Highlighting the example of forestry, the SGA and Mountaineering Scotland pointed out that successive Scottish administrations have published detailed forestry strategies and targets, with 10,000 hectares of new planting earmarked to take place each year until 2022.

While neither opposed well sited, planned tree planting, both questioned whether enough weight was being given to the significant changes this will have on the landscape, whether the dramatic open views and vistas, regarded as iconic of Scotland, might disappear.

Both bodies welcome Scottish Natural Heritage’s preparatory work on scoping a strategic vision for the uplands, arguing that, without such a vision, key areas may be given up to agriculture, energy and afforestation, with insufficient attention paid to what is being lost.

They are now seeking a meeting with the Ms Cunningham to discuss what they see as a “failure to join up what is required from the land to meet forestry targets and what we might want to keep in terms of internationally rare and valuable landscapes and ecosystems.”

Mountaineering Scotland president Mike Watson said: “The SGA and ourselves have different views on a number of issues, but we have a common interest in the development of a land use policy that will protect the landscapes that we both value.

“We hope that a joint approach to the Scottish Government from our two organisations will demonstrate the wide ranging concern over this issue, and the need for development of a coherent policy that takes into account the views of all interested parties.

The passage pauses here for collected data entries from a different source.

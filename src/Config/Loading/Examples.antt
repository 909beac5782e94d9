-- ===== src/Config/Loading/Examples.antt =====
-- `LoadConfig` on a directory with two rule files.
use dhound_agent.Base.{
  [], ◌∷◌, ◌++◌, ◌≡◌, refl, none, some, true, false, Bytes, codes, All, map, str_eq, get_key,
  if◌then◌else◌,
}
use dhound_agent.Samples.{literal}
use dhound_agent.Strings.{has_prefix, has_suffix, trim_suffix}
use dhound_agent.Utils.{contains}
use dhound_agent.Config.{SecurityEventConfig, RuleConfig, MainConfig}
use dhound_agent.Config.Loading.{
  Options, System, entries, deadtime_failed, discover_yaml_configs, load_config,
}
use dhound_agent.Config.Loading.Ready.{IsReady, load_config-IsReady}
use dhound_agent.Config.Loading.Deadtime.{last_deadtime_decides}

abbrev options : Options
options = record {
  config_dir = codes "/etc";
  default_file_deadtime = codes "360h";
  default_exclude_file_filter = codes ".gz";
}

abbrev main_config : MainConfig Bytes
main_config = record {
  output = record { access_token = []; server_key = []; environment = []; proxy = [] };
  input = record {
    all_rules = false;
    rules = codes "sshd" ∷ [];
    network_interface = [];
    track_dns_traffic = false;
    rule_configs = [];
  };
}

abbrev login : SecurityEventConfig Bytes
login = record {
  sid = 5;
  gid = 0;
  win_event_ids = [];
  message = codes "login";
  regex = codes "login";
  fields = [];
  exclude = (codes "user", codes "root") ∷ [];
  exclude_compiled_regex = [];
  compiled_regex = none;
  critical = false;
}

abbrev rule_with : Bytes → RuleConfig Bytes
rule_with dead_time = record {
  source = [];
  paths = codes "/var/log/auth.log" ∷ [];
  encoding = [];
  dead_time = dead_time;
  exclude_files_regex = [];
  events = login ∷ [];
  event_time_format = [];
  deadtime = 0;
  compiled_exclude_files_regex = none;
  rule_file_name = [];
}

abbrev sshd_file : Bytes
sshd_file = codes "/etc/rules.d/sshd.yml"

abbrev last_file : Bytes
last_file = codes "/etc/rules.d/xinetd.yml"

-- Only the default is a duration; the second file has another text.
abbrev system : System Bytes
system = record {
  directory = λ dir. entries (codes "sshd.yml" ∷ codes "readme.txt" ∷ codes "xinetd.yml" ∷ []);
  join = λ dir name. dir ++ codes "/" ++ name;
  to_lower = λ s. s;
  parse_duration = λ s. if str_eq s (codes "360h") then some 1_296_000_000_000_000 else none;
  load_main_file = λ path. (main_config, true);
  load_rule_file = λ path.
      if str_eq path sshd_file then some (rule_with []) else some (rule_with (codes "soon"));
}

load_config-IsReady_example :
    All
      (IsReady literal system main_config.input)
      (load_config literal system options).0.input.rule_configs
load_config-IsReady_example = load_config-IsReady literal system options refl

last_deadtime_decides_example : (load_config literal system options).1 ≡ some deadtime_failed
unfolding discover_yaml_configs has_suffix has_prefix str_eq
last_deadtime_decides_example =
    last_deadtime_decides literal system options (sshd_file ∷ []) [] last_file
      (rule_with (codes "soon")) refl refl refl tt

-- The first file is loaded all the same.
one_rule :
    map (λ rule. rule.rule_file_name) (load_config literal system options).0.input.rule_configs
    ≡ codes "sshd" ∷ []
unfolding load_config has_suffix has_prefix str_eq trim_suffix contains get_key
one_rule = refl
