-- ===== src/Config/Yaml.antt =====
-- config.go: `LoadYamlFile`, and the two calls of it. The file, the variables and the YAML library
-- are parameters.
mod Examples
use dhound_agent.Base.{
  ℕ, zero, suc, ◌+◌, [], ◌∷◌, ◌++◌, ◌≡◌, refl, ◌∙◌, ap, arith, Option, none, some, Bool, true,
  false, Bytes, codes, length,
}

-- The file: it cannot be opened, or its size, which may fail, and what `Read` puts into a buffer.
pub data Opened : Type 0 where
  refused : Bytes → Opened
  opened : Option ℕ → (ℕ → Bytes) → Opened

-- `Unmarshal` also says what it leaves in the struct when it fails.
pub record Yaml (A : Type 0) : Type 0 where
  pub open_file : Bytes → Opened
  pub expand_env : Bytes → Bytes
  pub unmarshal : Bytes → A → A × Option Bytes

-- The struct afterwards and the error, or the panic of a nil file info.
pub data Loaded (A : Type 0) : Type 0 where
  returned : A → Option Bytes → Loaded A
  panicked : Loaded A

-- A buffer of this size with these bytes in front.
pub fill_buffer : ℕ → Bytes → Bytes
fill_buffer zero bytes = []
fill_buffer (suc n) [] = 0 ∷ fill_buffer n []
fill_buffer (suc n) (b ∷ bytes) = b ∷ fill_buffer n bytes

module _ {A : Type 0} (yaml : Yaml A) where
  open yaml use {open_file, expand_env, unmarshal}

  pub parse_buffer : Bytes → A → Loaded A
  parse_buffer buffer out =
      let (after, err) = unmarshal (expand_env buffer) out in
      elim err [
        | none ↦ returned after none
        | some e ↦ returned after (some (codes "Incorrect yaml format: " ++ e))
      ]

  -- The error of `Read` is overwritten.
  pub load_yaml_file : Bytes → A → Loaded A
  unfolding parse_buffer fill_buffer
  load_yaml_file path out = elim (open_file path) [
    | refused e ↦ returned out (some e)
    | opened none read ↦ panicked
    | opened (some size) read ↦ parse_buffer (fill_buffer size (read size)) out
  ]

-- What stands in `System` of the loading, where nothing panics: the main file as it is left, and
-- whether it was loaded; a rule file only if it was.
pub main_file_of : {A : Type 0} → A → Loaded A → A × Bool
main_file_of out (returned after none) = (after, true)
main_file_of out (returned after (some e)) = (after, false)
main_file_of out panicked = (out, false)

pub rule_file_of : {A : Type 0} → Loaded A → Option A
rule_file_of (returned after none) = some after
rule_file_of (returned after (some e)) = none
rule_file_of panicked = none

abbrev pub zeros : ℕ → Bytes
zeros zero = []
zeros (suc n) = 0 ∷ zeros n

fill_none : (n : ℕ) → fill_buffer n [] ≡ zeros n
unfolding fill_buffer
fill_none zero = refl
fill_none (suc n) = ap (◌∷◌ 0) (fill_none n)

add_left : (n : ℕ) → 0 + n ≡ n
add_left n = omega arith

add_suc : (m n : ℕ) → suc m + n ≡ suc (m + n)
add_suc m n = omega arith

fill_buffer-append :
    (bytes : Bytes) (n : ℕ) → fill_buffer (length bytes + n) bytes ≡ bytes ++ zeros n
unfolding fill_buffer
fill_buffer-append [] n = ap (λ k. fill_buffer k []) (add_left n) ∙ fill_none n
fill_buffer-append (b ∷ bytes) n =
    ap (λ k. fill_buffer k (b ∷ bytes)) (add_suc (length bytes) n)
    ∙ ap (◌∷◌ b) (fill_buffer-append bytes n)

-- A `Read` that gives fewer bytes than the file has, for whatever reason, is not noticed: what is
-- parsed is those bytes with a zero for each that is missing, and only the parser can fail.
pub short_read :
    {A : Type 0} (yaml : Yaml A) (path bytes : Bytes) (missing : ℕ) (read : ℕ → Bytes) (out : A)
    → yaml.open_file path ≡ opened (some (length bytes + missing)) read
    → read (length bytes + missing) ≡ bytes
    → load_yaml_file yaml path out ≡ parse_buffer yaml (bytes ++ zeros missing) out
unfolding load_yaml_file
short_read yaml path bytes missing read out o r =
    rw (o, load_yaml_file)
      (ap (λ b. parse_buffer yaml b out)
        (ap (fill_buffer (length bytes + missing)) r ∙ fill_buffer-append bytes missing))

SGA chairman Alex Hogg said: “Recent dialogue between both organisations established a great deal of common ground when it came to the pride our respective memberships have in the land, but also their worries about upland landscapes and how different they may look, in the not too distant future, if we don’t have a landscape policy which gives them the emphasis required. We have lost so much open moorland since the 1940s and a narrow view, now, may fail what we have left.”